MATERIAL SUPPLIED -

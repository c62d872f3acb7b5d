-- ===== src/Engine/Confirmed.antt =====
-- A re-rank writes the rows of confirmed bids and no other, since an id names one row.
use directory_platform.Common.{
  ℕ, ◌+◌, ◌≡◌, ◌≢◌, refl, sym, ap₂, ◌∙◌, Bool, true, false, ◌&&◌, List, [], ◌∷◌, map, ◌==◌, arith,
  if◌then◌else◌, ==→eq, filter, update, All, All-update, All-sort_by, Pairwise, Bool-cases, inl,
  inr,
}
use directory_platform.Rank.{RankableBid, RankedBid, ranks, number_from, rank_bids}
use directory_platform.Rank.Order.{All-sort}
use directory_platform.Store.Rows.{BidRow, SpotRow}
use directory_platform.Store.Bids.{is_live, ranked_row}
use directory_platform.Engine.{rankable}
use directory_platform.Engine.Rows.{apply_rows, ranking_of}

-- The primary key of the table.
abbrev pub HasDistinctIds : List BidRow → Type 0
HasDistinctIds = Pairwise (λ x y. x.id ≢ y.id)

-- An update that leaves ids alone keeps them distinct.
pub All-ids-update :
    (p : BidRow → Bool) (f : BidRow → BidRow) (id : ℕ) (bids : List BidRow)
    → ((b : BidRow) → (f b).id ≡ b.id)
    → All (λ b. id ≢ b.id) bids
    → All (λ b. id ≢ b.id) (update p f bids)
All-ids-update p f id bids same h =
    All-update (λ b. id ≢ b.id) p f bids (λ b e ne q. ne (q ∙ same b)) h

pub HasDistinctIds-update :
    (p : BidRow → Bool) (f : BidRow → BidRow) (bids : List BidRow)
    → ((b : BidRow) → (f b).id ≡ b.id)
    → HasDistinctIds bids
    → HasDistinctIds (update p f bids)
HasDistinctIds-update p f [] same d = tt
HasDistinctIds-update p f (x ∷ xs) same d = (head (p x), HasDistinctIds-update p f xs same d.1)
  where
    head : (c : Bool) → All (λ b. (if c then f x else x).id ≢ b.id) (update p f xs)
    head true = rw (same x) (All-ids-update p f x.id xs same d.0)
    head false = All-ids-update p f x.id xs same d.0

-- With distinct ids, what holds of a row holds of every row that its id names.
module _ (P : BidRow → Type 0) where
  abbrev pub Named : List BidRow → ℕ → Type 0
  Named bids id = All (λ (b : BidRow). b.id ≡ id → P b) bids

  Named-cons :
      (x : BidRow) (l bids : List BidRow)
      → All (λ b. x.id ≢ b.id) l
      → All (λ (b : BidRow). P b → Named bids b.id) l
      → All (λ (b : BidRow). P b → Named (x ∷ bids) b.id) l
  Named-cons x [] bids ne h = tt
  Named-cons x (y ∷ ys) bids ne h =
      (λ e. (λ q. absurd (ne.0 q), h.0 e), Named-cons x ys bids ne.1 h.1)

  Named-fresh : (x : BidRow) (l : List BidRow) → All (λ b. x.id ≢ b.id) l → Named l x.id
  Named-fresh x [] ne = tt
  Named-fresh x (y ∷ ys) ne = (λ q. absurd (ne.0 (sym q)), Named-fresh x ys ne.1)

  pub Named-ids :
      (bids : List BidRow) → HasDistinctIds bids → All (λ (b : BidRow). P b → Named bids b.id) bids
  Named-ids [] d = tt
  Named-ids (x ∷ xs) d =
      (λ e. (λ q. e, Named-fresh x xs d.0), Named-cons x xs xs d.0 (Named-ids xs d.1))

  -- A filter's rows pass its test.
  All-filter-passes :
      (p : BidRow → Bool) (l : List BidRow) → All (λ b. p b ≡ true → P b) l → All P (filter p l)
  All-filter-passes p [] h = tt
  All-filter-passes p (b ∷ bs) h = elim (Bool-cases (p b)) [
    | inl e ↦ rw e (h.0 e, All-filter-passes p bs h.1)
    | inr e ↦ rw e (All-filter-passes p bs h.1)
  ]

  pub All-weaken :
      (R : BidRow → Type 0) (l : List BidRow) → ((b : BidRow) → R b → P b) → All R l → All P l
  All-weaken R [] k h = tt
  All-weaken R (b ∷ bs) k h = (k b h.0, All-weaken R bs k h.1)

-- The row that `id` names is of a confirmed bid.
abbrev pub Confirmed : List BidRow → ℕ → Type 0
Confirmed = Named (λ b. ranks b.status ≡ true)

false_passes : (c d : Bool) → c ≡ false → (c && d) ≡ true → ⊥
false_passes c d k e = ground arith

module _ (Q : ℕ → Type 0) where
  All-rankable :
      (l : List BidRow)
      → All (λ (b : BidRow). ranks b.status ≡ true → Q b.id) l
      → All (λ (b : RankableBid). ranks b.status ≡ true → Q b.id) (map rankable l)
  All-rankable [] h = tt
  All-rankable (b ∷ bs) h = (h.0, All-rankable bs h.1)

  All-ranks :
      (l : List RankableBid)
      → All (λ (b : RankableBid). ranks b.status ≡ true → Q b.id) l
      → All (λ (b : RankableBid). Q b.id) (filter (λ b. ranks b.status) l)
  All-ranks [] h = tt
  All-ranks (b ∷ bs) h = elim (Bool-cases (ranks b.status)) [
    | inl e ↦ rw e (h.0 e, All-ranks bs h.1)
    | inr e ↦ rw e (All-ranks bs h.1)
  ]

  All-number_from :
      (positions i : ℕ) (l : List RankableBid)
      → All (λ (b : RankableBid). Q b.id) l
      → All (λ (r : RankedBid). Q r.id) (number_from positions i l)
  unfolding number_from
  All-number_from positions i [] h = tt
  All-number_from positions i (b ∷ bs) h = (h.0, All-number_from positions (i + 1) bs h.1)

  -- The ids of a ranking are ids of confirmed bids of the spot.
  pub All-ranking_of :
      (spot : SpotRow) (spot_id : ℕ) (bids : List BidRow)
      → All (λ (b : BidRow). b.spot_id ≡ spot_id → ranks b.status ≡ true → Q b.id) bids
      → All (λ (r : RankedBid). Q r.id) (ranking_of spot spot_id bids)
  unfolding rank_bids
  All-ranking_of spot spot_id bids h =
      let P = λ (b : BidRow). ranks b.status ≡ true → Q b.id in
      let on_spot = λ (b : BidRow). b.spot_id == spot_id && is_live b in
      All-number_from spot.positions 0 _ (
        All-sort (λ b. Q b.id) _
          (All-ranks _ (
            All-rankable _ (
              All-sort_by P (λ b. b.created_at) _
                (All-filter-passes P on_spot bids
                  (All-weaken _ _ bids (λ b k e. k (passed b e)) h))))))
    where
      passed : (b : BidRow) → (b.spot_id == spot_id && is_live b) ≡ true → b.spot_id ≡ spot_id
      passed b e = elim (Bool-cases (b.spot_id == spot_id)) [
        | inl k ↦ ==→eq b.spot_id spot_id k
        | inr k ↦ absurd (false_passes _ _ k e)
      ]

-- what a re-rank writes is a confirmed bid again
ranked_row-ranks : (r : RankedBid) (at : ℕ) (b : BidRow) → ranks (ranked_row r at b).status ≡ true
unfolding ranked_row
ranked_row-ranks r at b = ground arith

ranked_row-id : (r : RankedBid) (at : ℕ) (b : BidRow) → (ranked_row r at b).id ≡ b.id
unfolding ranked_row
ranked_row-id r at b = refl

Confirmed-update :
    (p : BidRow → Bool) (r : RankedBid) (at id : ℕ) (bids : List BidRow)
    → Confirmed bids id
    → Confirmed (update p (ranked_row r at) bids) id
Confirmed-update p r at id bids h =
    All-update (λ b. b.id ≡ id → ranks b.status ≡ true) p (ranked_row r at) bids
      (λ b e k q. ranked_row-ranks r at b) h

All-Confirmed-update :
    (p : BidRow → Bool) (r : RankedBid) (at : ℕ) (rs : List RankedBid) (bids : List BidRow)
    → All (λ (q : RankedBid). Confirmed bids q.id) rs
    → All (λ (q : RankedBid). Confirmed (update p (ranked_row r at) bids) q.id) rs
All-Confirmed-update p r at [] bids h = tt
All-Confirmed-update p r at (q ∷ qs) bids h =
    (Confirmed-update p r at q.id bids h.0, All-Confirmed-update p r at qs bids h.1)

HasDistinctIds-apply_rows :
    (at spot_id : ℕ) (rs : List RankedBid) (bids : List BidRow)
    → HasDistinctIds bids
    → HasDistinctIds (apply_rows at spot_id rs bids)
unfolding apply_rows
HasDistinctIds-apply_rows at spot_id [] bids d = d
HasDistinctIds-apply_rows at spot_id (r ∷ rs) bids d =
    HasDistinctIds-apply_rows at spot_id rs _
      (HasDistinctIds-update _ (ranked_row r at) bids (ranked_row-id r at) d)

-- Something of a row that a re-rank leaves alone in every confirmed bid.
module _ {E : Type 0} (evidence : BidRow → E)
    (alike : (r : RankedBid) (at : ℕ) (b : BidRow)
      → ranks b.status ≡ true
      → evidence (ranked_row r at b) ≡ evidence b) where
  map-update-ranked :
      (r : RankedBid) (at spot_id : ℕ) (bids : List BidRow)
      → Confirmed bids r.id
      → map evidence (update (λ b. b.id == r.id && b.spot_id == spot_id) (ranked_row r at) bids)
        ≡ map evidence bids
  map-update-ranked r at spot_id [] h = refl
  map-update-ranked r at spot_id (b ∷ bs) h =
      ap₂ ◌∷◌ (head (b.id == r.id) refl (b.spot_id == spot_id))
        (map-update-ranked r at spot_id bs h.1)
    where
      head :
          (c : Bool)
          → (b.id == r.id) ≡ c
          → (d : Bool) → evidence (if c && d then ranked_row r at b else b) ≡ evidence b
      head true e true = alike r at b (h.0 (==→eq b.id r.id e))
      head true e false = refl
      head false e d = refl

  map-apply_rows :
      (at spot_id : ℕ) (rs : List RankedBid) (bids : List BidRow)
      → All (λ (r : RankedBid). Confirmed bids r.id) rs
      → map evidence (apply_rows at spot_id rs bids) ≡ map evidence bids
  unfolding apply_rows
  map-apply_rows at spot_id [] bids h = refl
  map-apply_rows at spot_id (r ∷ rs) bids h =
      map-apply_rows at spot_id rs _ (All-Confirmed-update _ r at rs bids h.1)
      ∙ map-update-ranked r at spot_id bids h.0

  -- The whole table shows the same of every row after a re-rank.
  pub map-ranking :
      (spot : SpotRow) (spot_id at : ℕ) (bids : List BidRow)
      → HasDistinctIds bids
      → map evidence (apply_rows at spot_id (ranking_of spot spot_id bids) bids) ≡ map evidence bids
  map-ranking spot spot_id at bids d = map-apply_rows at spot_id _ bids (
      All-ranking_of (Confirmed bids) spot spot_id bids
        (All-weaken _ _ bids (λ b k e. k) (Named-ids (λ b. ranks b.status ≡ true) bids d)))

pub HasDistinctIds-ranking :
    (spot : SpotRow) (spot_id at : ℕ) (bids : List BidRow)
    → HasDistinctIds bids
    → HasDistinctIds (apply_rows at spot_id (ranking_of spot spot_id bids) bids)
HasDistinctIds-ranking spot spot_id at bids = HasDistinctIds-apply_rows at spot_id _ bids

--

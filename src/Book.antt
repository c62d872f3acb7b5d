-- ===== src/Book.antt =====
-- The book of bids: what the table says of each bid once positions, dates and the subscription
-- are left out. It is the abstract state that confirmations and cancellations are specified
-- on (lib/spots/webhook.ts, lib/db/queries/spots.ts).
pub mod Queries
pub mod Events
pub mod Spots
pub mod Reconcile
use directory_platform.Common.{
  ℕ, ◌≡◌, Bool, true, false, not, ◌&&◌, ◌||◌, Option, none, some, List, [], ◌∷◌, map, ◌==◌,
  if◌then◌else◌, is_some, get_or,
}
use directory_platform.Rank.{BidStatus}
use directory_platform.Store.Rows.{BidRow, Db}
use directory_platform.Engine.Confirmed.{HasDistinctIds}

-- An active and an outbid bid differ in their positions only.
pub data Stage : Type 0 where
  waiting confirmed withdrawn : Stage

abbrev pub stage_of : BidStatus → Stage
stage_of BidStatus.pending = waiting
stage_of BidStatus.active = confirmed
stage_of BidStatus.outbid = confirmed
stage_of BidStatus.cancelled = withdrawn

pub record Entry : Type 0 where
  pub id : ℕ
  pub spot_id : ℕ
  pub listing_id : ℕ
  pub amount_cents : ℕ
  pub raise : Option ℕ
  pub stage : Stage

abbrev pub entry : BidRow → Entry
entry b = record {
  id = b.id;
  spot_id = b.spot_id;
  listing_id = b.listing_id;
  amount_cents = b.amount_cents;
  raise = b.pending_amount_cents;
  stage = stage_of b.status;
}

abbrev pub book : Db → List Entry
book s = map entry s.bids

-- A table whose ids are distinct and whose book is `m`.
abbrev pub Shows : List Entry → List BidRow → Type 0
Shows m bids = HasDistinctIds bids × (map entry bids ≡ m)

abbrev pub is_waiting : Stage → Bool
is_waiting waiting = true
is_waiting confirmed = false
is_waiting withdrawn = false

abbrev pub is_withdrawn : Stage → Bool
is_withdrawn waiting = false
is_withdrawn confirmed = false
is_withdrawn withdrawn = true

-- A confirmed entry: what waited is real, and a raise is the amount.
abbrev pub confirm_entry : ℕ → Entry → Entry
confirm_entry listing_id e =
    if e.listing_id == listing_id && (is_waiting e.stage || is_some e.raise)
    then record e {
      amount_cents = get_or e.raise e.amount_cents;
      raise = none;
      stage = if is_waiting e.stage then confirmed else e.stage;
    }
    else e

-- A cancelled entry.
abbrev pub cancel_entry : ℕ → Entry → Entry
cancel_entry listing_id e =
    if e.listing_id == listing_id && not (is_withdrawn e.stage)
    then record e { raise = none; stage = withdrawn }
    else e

INSTRUCTIONS TO FOLLOW - Output the material above exactly, but only from the line that carries "map-apply_rows at spot_id [] bids h = refl" through the line that carries "HasDistinctIds-ranking spot spot_id".

COMPLETED EXERCISE -
  map-apply_rows at spot_id [] bids h = refl
  map-apply_rows at spot_id (r ∷ rs) bids h =
      map-apply_rows at spot_id rs _ (All-Confirmed-update _ r at rs bids h.1)
      ∙ map-update-ranked r at spot_id bids h.0

  -- The whole table shows the same of every row after a re-rank.
  pub map-ranking :
      (spot : SpotRow) (spot_id at : ℕ) (bids : List BidRow)
      → HasDistinctIds bids
      → map evidence (apply_rows at spot_id (ranking_of spot spot_id bids) bids) ≡ map evidence bids
  map-ranking spot spot_id at bids d = map-apply_rows at spot_id _ bids (
      All-ranking_of (Confirmed bids) spot spot_id bids
        (All-weaken _ _ bids (λ b k e. k) (Named-ids (λ b. ranks b.status ≡ true) bids d)))

pub HasDistinctIds-ranking :
    (spot : SpotRow) (spot_id at : ℕ) (bids : List BidRow)
    → HasDistinctIds bids
    → HasDistinctIds (apply_rows at spot_id (ranking_of spot spot_id bids) bids)
HasDistinctIds-ranking spot spot_id at bids = HasDistinctIds-apply_rows at spot_id _ bids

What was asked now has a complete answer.